1. The removal of any airborne particulates which are caught by the system, for example, dust, dirt, etc., being caught by the cooling tower and then re-circulated throughout the system. Such dust, dirt, etc., could readily plug heat exchanger tubes and flow channels.
2. The removal of existing scale in a system as the oxidation and polarization of the water softens and renders the existing hard scale on heat transfer surfaces clean.
3. The prevention of scale buildup on heat transfer surfaces, when a system is clean so that the normal precipitation and nucleation of solids which occurs from solution can be removed. The make-up water that replaces water lost in the backwash process contains minerals and sometimes chemicals, bacteria and viruses that add to the problem, which is then held in solution and removed by the specially designed filtration system in order to maintain the system free of scale and biofilm.

 

The measure of the concentration of hydrogen ions present in a solution is critical.
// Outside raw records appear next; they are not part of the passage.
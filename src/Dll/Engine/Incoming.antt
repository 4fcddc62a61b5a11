-- ===== src/Dll/Engine/Incoming.antt =====
-- fish_11_dll/src/engine_registration.rs: `attempt_decryption`, for a line on its way to mIRC. An early
-- `return None` is the answer none; every error ends so too.
pub mod Marked
pub mod Case
pub mod Unmarked
use fish.Common.{
  ℕ, Bool, true, false, not, ◌&&◌, ◌||◌, ◌==◌, List, [], ◌∷◌, ◌++◌, Option, none, some, Bytes,
  codes, if◌then◌else◌, length, drop, trim, starts_with, to_lowercase, lookup, list_eq, find_text,
  has_text, split_whitespace, trim_start_of, crlf,
}
use fish.Env.{Env}
use fish.Errors.{Result, ok, err, FishError, DllError}
use fish.Config.Models.{Key}
use fish.Config.Access.{M, ◌>>=◌, ◌>>◌, pure, attempt}
use fish.Config.Channels.{is_channel, get_channel_key_with_fallback}
use fish.Config.Keys.{get_key}
use fish.Config.Settings.{get_encryption_prefix}
use fish.Crypto.Chacha.{decrypt_message}
use fish.Legacy.Cipher.{BlockCipher}
use fish.Legacy.Blowfish
use fish.Legacy.Detection.{is_fish10_message, extract_fish10_payload}
use fish.Utils.{normalize_target}
use fish.Dll.Engine.Outgoing.{LegacyKeys, unwrap_prefix}

abbrev pub fcep_topic : Bytes
fcep_topic = codes "+FCEP_TOPIC+"

abbrev line_of : Bytes → Bytes → Bytes
line_of before text = before ++ (codes " :" ++ (text ++ crlf))

-- A step that returns from the function, or goes on behind its `if`.
pub data TopicStep : Type 0 where
  returns : Option Bytes → TopicStep
  goes_on : TopicStep

abbrev returned_line : Bytes → Option Bytes → Option Bytes
returned_line before none = none
returned_line before (some text) = some (line_of before text)

-- The nickname in front of `!`, without the colon.
unfoldable pub sender_of : Bytes → Bytes
unfolding find_text trim_start_of
sender_of word =
    let sender_raw = trim_start_of b':' word in
    elim (find_text (codes "!") sender_raw) [ some (nick, host) ↦ nick | none ↦ sender_raw ]

-- Which identifier the key is looked up under.
unfoldable pub key_identifier_of : Bytes → Bytes → Bytes
unfolding is_channel to_lowercase normalize_target
key_identifier_of sender target_raw =
    let target = normalize_target target_raw in
    if is_channel target then to_lowercase target else to_lowercase sender

module _ (env : Env) (c : BlockCipher) (legacy_keys : LegacyKeys) where
  -- The channel's key, or else the key of the same name.
  unfoldable pub channel_or_regular_key : Bytes → Option Bytes → M DllError (Option Key)
  unfolding get_channel_key_with_fallback get_key
  channel_or_regular_key key_identifier network = do
    found ← attempt {E = DllError} (get_channel_key_with_fallback env key_identifier)
    elim found [
      | some key ↦ pure (some key)
      | none ↦ attempt {E = DllError} (get_key env key_identifier network)
    ]

  -- Under a key of 32 bytes, if there is one.
  unfoldable pub decrypt_under : Option Key → Bytes → Option Bytes → M DllError (Option Bytes)
  decrypt_under none payload associated_data = pure none
  decrypt_under (some key) payload associated_data =
      if length key == 32
      then attempt {E = DllError} (decrypt_message env key payload associated_data)
      else pure none

  -- A FiSH 10 text: none where there is no key, and then whether it was decrypted.
  pub decrypt_legacy : Bytes → Bytes → Option (Option Bytes)
  decrypt_legacy key_identifier payload = elim (lookup key_identifier legacy_keys) [
    | none ↦ none
    | some key ↦ elim (Blowfish.decrypt_message c key payload) [
      | ok text ↦ some (some text)
      | err e ↦ some none
    ]
  ]

  abbrev legacy_topic : Bytes → Bytes → Result Bytes DllError → TopicStep
  legacy_topic before key_identifier (err e) = returns none
  legacy_topic before key_identifier (ok payload) = elim (decrypt_legacy key_identifier payload) [
    | none ↦ goes_on
    | some decrypted ↦ returns (returned_line before decrypted)
  ]

  -- A topic behind " :", for the channel of a word.
  unfoldable pub decrypt_topic : Bytes → Bytes → Bytes → Option Bytes → M DllError TopicStep
  unfolding channel_or_regular_key decrypt_under extract_fish10_payload normalize_target
      to_lowercase
  decrypt_topic before message_part channel_name network =
      let key_identifier = to_lowercase (normalize_target channel_name) in
      if starts_with fcep_topic message_part
      then (do
        key ← channel_or_regular_key key_identifier network
        decrypted ←
            decrypt_under key (trim (drop (length fcep_topic) message_part)) (some key_identifier)
        pure (returns (returned_line before decrypted)))
      else pure (legacy_topic before key_identifier (extract_fish10_payload message_part))

  abbrev is_topic_text : Bytes → Bool
  is_topic_text message_part = starts_with fcep_topic message_part || is_fish10_message message_part

  -- RPL_TOPIC: the channel is the fourth word of at least five.
  unfoldable pub on_rpl_topic : Bytes → Option Bytes → M DllError TopicStep
  unfolding find_text decrypt_topic is_fish10_message split_whitespace
  on_rpl_topic line network =
      if has_text (codes " 332 ") line
      then elim (find_text (codes " :") line) [
        | none ↦ pure (returns none)
        | some (before, message_part) ↦
            if is_topic_text message_part
            then elim (split_whitespace line) [
              | w0 ∷ w1 ∷ w2 ∷ channel_name ∷ w4 ∷ more ↦
                  decrypt_topic before message_part channel_name network
              | _ ↦ pure (returns none)
            ]
            else pure goes_on
      ]
      else pure goes_on

  abbrev is_prefixed : Bytes → Bool
  is_prefixed [] = false
  is_prefixed (x ∷ s) = x == b':'

  -- A change of the topic: the channel is the first word behind the command.
  unfoldable pub on_topic : Bytes → Option Bytes → M DllError TopicStep
  unfolding find_text decrypt_topic is_fish10_message split_whitespace
  on_topic line network =
      if is_prefixed line
      then elim (find_text (codes " TOPIC ") line) [
        | none ↦ pure goes_on
        | some (head, after_topic_cmd) ↦ elim (find_text (codes " :") line) [
          | none ↦ pure (returns none)
          | some (before, message_part) ↦
              if is_topic_text message_part
              then elim (split_whitespace after_topic_cmd) [
                | [] ↦ pure (returns none)
                | channel_name ∷ more ↦ decrypt_topic before message_part channel_name network
              ]
              else pure goes_on
        ]
      ]
      else pure goes_on

  -- A message of FiSH 10, in a line of at least four words.
  unfoldable pub on_legacy_message : Bytes → Bytes → Bytes → Option Bytes
  unfolding split_whitespace sender_of key_identifier_of extract_fish10_payload
  on_legacy_message line before message_part = elim (split_whitespace line) [
    | w0 ∷ w1 ∷ target_raw ∷ w3 ∷ more ↦ elim (extract_fish10_payload message_part) [
      | err e ↦ none
      | ok payload ↦ elim (decrypt_legacy (key_identifier_of (sender_of w0) target_raw) payload) [
        | none ↦ none
        | some decrypted ↦ returned_line before decrypted
      ]
    ]
    | _ ↦ none
  ]

  abbrev aad_of_key : Bytes → Option Bytes
  aad_of_key key_identifier = if is_channel key_identifier then some key_identifier else none

  unfoldable pub key_of_message : Bytes → Option Bytes → M DllError (Option Key)
  unfolding is_channel channel_or_regular_key get_key
  key_of_message key_identifier network =
      if is_channel key_identifier
      then channel_or_regular_key key_identifier network
      else attempt {E = DllError} (get_key env key_identifier network)

  -- The prefix is searched for twice, with the colon and with the space and the colon.
  unfoldable pub decrypt_fish11 :
      Bytes → Bytes → Bytes → Bytes → Option Bytes → M DllError (Option Bytes)
  unfolding find_text sender_of key_identifier_of is_channel
  decrypt_fish11 line encryption_prefix w0 target_raw network =
      elim (find_text (codes ":" ++ encryption_prefix) line) [
        | none ↦ pure none
        | some (head, behind_marker) ↦
            let key_identifier = key_identifier_of (sender_of w0) target_raw in
            (do
              key ← key_of_message key_identifier network
              decrypted ← decrypt_under key (trim behind_marker) (aad_of_key key_identifier)
              pure (elim (find_text (codes " :" ++ encryption_prefix) line) [
                | none ↦ none
                | some (prefix_and_command, rest) ↦ returned_line prefix_and_command decrypted
              ]))
      ]

  -- Behind the checks for topics and for DH1080.
  unfoldable pub decrypt_marked : Bytes → Option Bytes → M DllError (Option Bytes)
  unfolding find_text get_encryption_prefix is_fish10_message on_legacy_message decrypt_fish11
      split_whitespace
  decrypt_marked line network = do
    configured ← attempt {E = DllError} get_encryption_prefix
    let encryption_prefix = unwrap_prefix configured
    elim (find_text (codes " :") line) [
      | none ↦ pure none
      | some (before, message_part) ↦
          if is_fish10_message message_part
          then pure (on_legacy_message line before message_part)
          else if not (starts_with encryption_prefix message_part)
          then pure none
          else if has_text (codes "X25519_INIT:") line || has_text (codes "X25519_FINISH") line
          then pure none
          else elim (split_whitespace line) [
            | w0 ∷ w1 ∷ target_raw ∷ w3 ∷ more ↦
                decrypt_fish11 line encryption_prefix w0 target_raw network
            | _ ↦ pure none
          ]
    ]

  unfoldable pub attempt_decryption : Bytes → Option Bytes → M DllError (Option Bytes)
  unfolding on_rpl_topic on_topic decrypt_marked find_text
  attempt_decryption line network = do
    rpl ← on_rpl_topic line network
    elim rpl [
      | returns answer ↦ pure answer
      | goes_on ↦ do
        topic ← on_topic line network
        elim topic [
          | returns answer ↦ pure answer
          | goes_on ↦
              if has_text (codes "DH1080_INIT") line || has_text (codes "DH1080_FINISH") line
              then pure none
              else decrypt_marked line network
        ]
    ]
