-- ===== src/Dll/Engine.antt =====
-- fish_11_dll/src/engine_registration.rs: the callbacks that the DLL registers with the inject DLL. A
-- line is a C string, none for a null pointer; the answer is none for a null pointer, on which the
-- line goes on as it is. Registering, and the freeing of strings, is glue to Windows.
pub mod Outgoing
pub mod Incoming
use fish.Common.{
  ℕ, Bool, true, false, ◌||◌, ◌==◌, List, [], ◌∷◌, Option, none, some, Bytes, if◌then◌else◌, length,
  is_utf8,
}
use fish.Env.{Env}
use fish.Errors.{DllError}
use fish.Config.Models.{Nonce}
use fish.Config.Access.{M, ◌>>=◌, pure}
use fish.Legacy.Cipher.{BlockCipher}
use fish.Dll.Engine.Outgoing.{LegacyKeys, attempt_encryption}
use fish.Dll.Engine.Incoming.{attempt_decryption}

-- `set_current_network` where GetNetworkName gave a name.
abbrev pub on_network : Option Bytes → Env → Env
on_network none env = env
on_network (some network) env = record env { current_network = some network }

abbrev any_nul : Bytes → Bool
any_nul [] = false
any_nul (c ∷ s) = (c == 0) || any_nul s

-- `CString::new`.
abbrev c_string : Option Bytes → Option Bytes
c_string none = none
c_string (some s) = if any_nul s then none else some s

module _ (c : BlockCipher) (legacy_keys : LegacyKeys) where
  unfoldable pub on_outgoing : Env → Nonce → Option Bytes → Option Bytes → M DllError (Option Bytes)
  unfolding attempt_encryption
  on_outgoing env nonce network none = pure none
  on_outgoing env nonce network (some line) =
      if is_utf8 line
      then (if length line == 0 then pure none else (do
        encrypted ← attempt_encryption (on_network network env) c legacy_keys nonce line network
        pure (c_string encrypted)))
      else pure none

  unfoldable pub on_incoming : Env → Option Bytes → Option Bytes → M DllError (Option Bytes)
  unfolding attempt_decryption
  on_incoming env network none = pure none
  on_incoming env network (some line) =
      if is_utf8 line
      then (if length line == 0 then pure none else (do
        decrypted ← attempt_decryption (on_network network env) c legacy_keys line network
        pure (c_string decrypted)))
      else pure none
A pH= 7 reading means the solution is essentially neutral. To avoid corrosion problems, controlling the pH in an alkaline range of between 8 and 9 is important, however, when the pH is alkaline, there is a greater tendency towards scaling from dissolved solids. The ION Generation System also handles that problem in that it can effectively operate in higher pH while still inhibiting scale deposits.

The Ion Generation System electronically monitors both the pH and conductivity levels within their control range providing continuous cleansing of the water resulting in a scale-free operation. Scale acts as a host substance upon and inside which algae and bacteria can grow and hide. Elimination of the scale removes the host substance and eliminates the possibility that biologicals in the water will cling to any surface on contact. The copper IONs generated by the System will kill the bacteria and algae and keep the residue in solution until it is trapped and removed by the filtration system.

When the water conductivity reaches a set-point level, the system's electronic control system sends a signal to the ion generation electrode adjusting its ion output to increase the level of oxidation being induced into the water stream. The conductivity measurement is based on the level of TDS in the water which varies the electrical conductivity of the water and is used as the control parameter for the level of oxidation needed to clear the water. In a typical cooling tower application the control of conductivity ranging from between 1,000 to 1,200 microhms/cm will usually produce 3 to 4 cycles of concentration and control the cooling tower water adequately.

 

Iron deposition and corrosion is caused by the metabolism of "iron bacteria", which can remove water soluble ferrous salts and deposit them as insoluble ferric oxides. These oxides tend to grow rapidly and can reach sizes large enough to restrict water flow. The ION Generation System kills the micro-organisms.

 

Another group of bacteria produce acids and waste which attack metal surfaces directly. These organisms can convert water-soluble sulfur compounds into hydrogen sulfide. One of the most common sulfate–reducing bacteria is desulfovibria. This bacterium uses organic nutrients from the decomposition of other bacteria or algae as food. This process often takes place under existing biofilm or scale deposits. The corrosive action of desulfovibrio can produce condenser tube penetration in as little as six weeks.

A third group of corrosive bacteria common to cooling towers are know as nitrifying bacteria. The bacteria react with dissolved ammonia to produce nitric acid. This acid lowers pH and causes localized attack on both copper and steel. Lastly, algae, a major source of trouble in cooling tower water systems, adheres to metal surfaces and accelerates pitting by the release of oxygen during the metabolic process. Large algae growths also impede the effectiveness of biocidal treatments by absorbing them.